投資にも色々ありまして、華やかなものとしてはいわゆるR&D、それから既存のものを改良していくのももちろん投資です。経済学の教科書には全部そういったものも投資支出として入れています。或いは中国の一部の企業のように真似をすることだって投資の一つなわけですよね。それが起爆剤になって大きく花開けばルーツは何でもいいわけですから。花を咲かせるためにはやはり投資が必要になります。
 さてその投資をするときにひっかかるのがやはりリスクです。リスクをどうするか、どう対処するか、私は科学的な手法、アプローチ、道具を使っていただきたいと思います。
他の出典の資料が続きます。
-- ===== src/LogClean/Limit.antt =====
-- What `plan` (src/queuer/logclean.py) leaves in the directory under a size limit.
use custom_queuer.Prelude.{
  All, All-map, Bool, Bool-cases, List, Option, [], arith, exists, inl, inr, map, none, refl,
  select, some, subst, true, ℕ, ≡→==, ◌-◌, ◌||◌, ◌∷◌, ◌≡◌, ◌≤◌, ◌⊎◌,
}
use custom_queuer.Tables.{Db, Text, text_eq}
use custom_queuer.LogClean.{
  Candidate, Counted, LogFile, add_candidate, candidates, choose_more, counted_files,
  deletable_files, is_chosen, is_old, plan, total_left,
}
use custom_queuer.LogClean.Fits.{IsCounted, choose_more-Fits, text_eq_refl, text_eq→≡}
use custom_queuer.LogClean.Safe.{All-sort_candidates}

abbrev paths_of : List Candidate → List Text
paths_of cs = map (λ c. c.path) cs

total_left_mono :
    (a b : List Text) (fs : List Counted)
    → ((p : Text) → is_chosen a p ≡ true → is_chosen b p ≡ true)
    → total_left b fs ≤ total_left a fs
unfolding total_left
total_left_mono a b [] h = ground arith
total_left_mono a b (f ∷ fs) h =
    let rest = total_left_mono a b fs h in let here = h f.path in ground arith

candidates-IsCounted : (fs : List Counted) → All (IsCounted fs) (candidates fs)
unfolding candidates exists
candidates-IsCounted [] = tt
candidates-IsCounted (f ∷ fs) =
    by_age f.age (All-map _ _ (candidates fs) (λ c h. ground arith) (candidates-IsCounted fs))
  where
    by_age :
        (o : Option ℕ)
        → All (IsCounted (f ∷ fs)) (candidates fs)
        → All (IsCounted (f ∷ fs)) (add_candidate f o (candidates fs))
    by_age none rest = rest
    by_age (some ts) rest =
        let same = text_eq_refl f.path in let size = ≡→== f.size f.size refl in (ground arith, rest)

choose_more-from :
    (m : ℕ) (cs : List Candidate) (total : ℕ) (chosen : List Text) (p : Text)
    → is_chosen (choose_more m cs total chosen) p ≡ true
    → (is_chosen chosen p || is_chosen (paths_of cs) p) ≡ true
unfolding choose_more is_chosen exists
choose_more-from m [] total chosen p h = ground arith
choose_more-from m (c ∷ cs) total chosen p h =
    let kept = choose_more-from m cs total chosen p in
    let more = choose_more-from m cs (total - c.size) (c.path ∷ chosen) p in ground arith

is_chosen-select :
    (q : Candidate → Bool) (cs : List Candidate) (p : Text)
    → is_chosen (paths_of (select q cs)) p ≡ true
    → is_chosen (paths_of cs) p ≡ true
unfolding is_chosen exists select
is_chosen-select q [] p h = h
is_chosen-select q (c ∷ cs) p h = let rest = is_chosen-select q cs p in ground arith

select-is_chosen :
    (chosen : List Text) (cs : List Candidate) (p : Text)
    → is_chosen chosen p ≡ true
    → is_chosen (paths_of cs) p ≡ true
    → is_chosen (paths_of (select (λ c. is_chosen chosen c.path) cs)) p ≡ true
unfolding is_chosen exists select
select-is_chosen chosen [] p h among = among
select-is_chosen chosen (c ∷ cs) p h among = elim (Bool-cases (text_eq p c.path)) [
  | inl same ↦
      let here = subst (λ s. is_chosen chosen s ≡ true) (text_eq→≡ p c.path same) h in ground arith
  | inr other ↦ let rest = select-is_chosen chosen cs p h in ground arith
]

select-All :
    (q : Candidate → Bool) (cs : List Candidate) → All (λ c. q c ≡ true) cs → select q cs ≡ cs
unfolding select
select-All q [] h = refl
select-All q (c ∷ cs) h = let rest = select-All q cs h.1 in let here = h.0 in rw (here, rest) refl

-- With a size limit, either the counted logs that are not selected add up to at most the limit, or
-- every log that may be deleted is selected.
pub plan_limit :
    (db : Db) (files : List LogFile) (max_age : Option ℕ) (max_bytes now : ℕ)
    → (total_left
          (map (λ c. c.path) (plan db files max_age (some max_bytes) now))
          (counted_files db files)
        ≤ max_bytes)
      ⊎ (plan db files max_age (some max_bytes) now ≡ deletable_files db files)
unfolding plan deletable_files
plan_limit db files max_age max_bytes now =
    elim (choose_more-Fits max_bytes counted deletable (total_left old counted) old all_counted
      (ground arith)) [
        | inl fits ↦ inl (let less = total_left_mono chosen _ counted selected in ground arith)
        | inr all ↦ inr (select-All _ deletable all)
      ]
  where
    counted : List Counted
    counted = counted_files db files

    deletable : List Candidate
    deletable = deletable_files db files

    old : List Text
    old = paths_of (select (is_old now max_age) deletable)

    chosen : List Text
    chosen = choose_more max_bytes deletable (total_left old counted) old

    all_counted : All (IsCounted counted) deletable
    all_counted = All-sort_candidates _ _ (candidates-IsCounted counted)

    selected :
        (p : Text)
        → is_chosen chosen p ≡ true
        → is_chosen (paths_of (select (λ c. is_chosen chosen c.path) deletable)) p ≡ true
    selected p h =
        let from = choose_more-from max_bytes deletable (total_left old counted) old p h in
        let was_old = is_chosen-select (is_old now max_age) deletable p in
        select-is_chosen chosen deletable p h (ground arith)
今ではソフトウェアが非常に進んでいて、デリバティブの最先端の公式、数学的な公式もパソコンのソフトとして売られていますから、そういうものを使って計算してみる。あるいは、計算の前にキャッシュフローの数字を作って観察する、そこからスタートする、ということが大事かもしれません。同じことはマクロ経済政策についても言えます。今はもうリタイアされていますが、金森さんという有名な経済学者(彼自身は評論家、とおっしゃっていますが)がおられます。一時日本の銀行や様々な民間・政府の研究所が日本の経済モデルなるものを作るのがはやりました。すると貴重な能力とエネルギー、コンピューターを使って日本経済の数学モデルを作るのは無駄じゃないか、という批判が出てきた。金森さんは、いやいやそうじゃないんだ、そういう予測でできる数値がいいか悪いかよりも、そういうことに参画して経済の実態をみる、あるいは数字をきちんとみる、ということが参画した人の役に立つんだ、というふうにおっしゃいました。企業の場合も同じでして、リスクコントロールのためにはやはり数字でアプローチすることが大事だと思います。リスクがらみの数字、キャッシュフロー、あるいは金利でも為替でも株価でも何でも結構ですので、それを企画スタッフ、財務スタッフの共有物とする。それに大学が開発した色々な道具を使っていただきたい。ナノやバイオなどの分野では、最先端の大学の成果を製薬会社などがすぐに使うので、商売と密接な感じがしますが、経済分野の大学の成果はビジネスにはあまり役に立たない、とおっしゃる方がいらっしゃいます。残念ながら、日本発の経済理論、ビジネスの道具が世界を席捲したというのはまだありませんが、アメリカの最先端の経済理論はビジネスの世界でも幅広く利用されています。こちらの方はこれからの活性化のために役立つことは間違いないと思いますので、経済やビジネスの分野でも大学を大いに利用していただきたい。大学の方でも門戸を広くしまして(法人化したこともありますし)、いろいろな分野、研究所、学部でビジネスの方を歓迎する姿勢でおりますので、ご利用していただきたいと思います。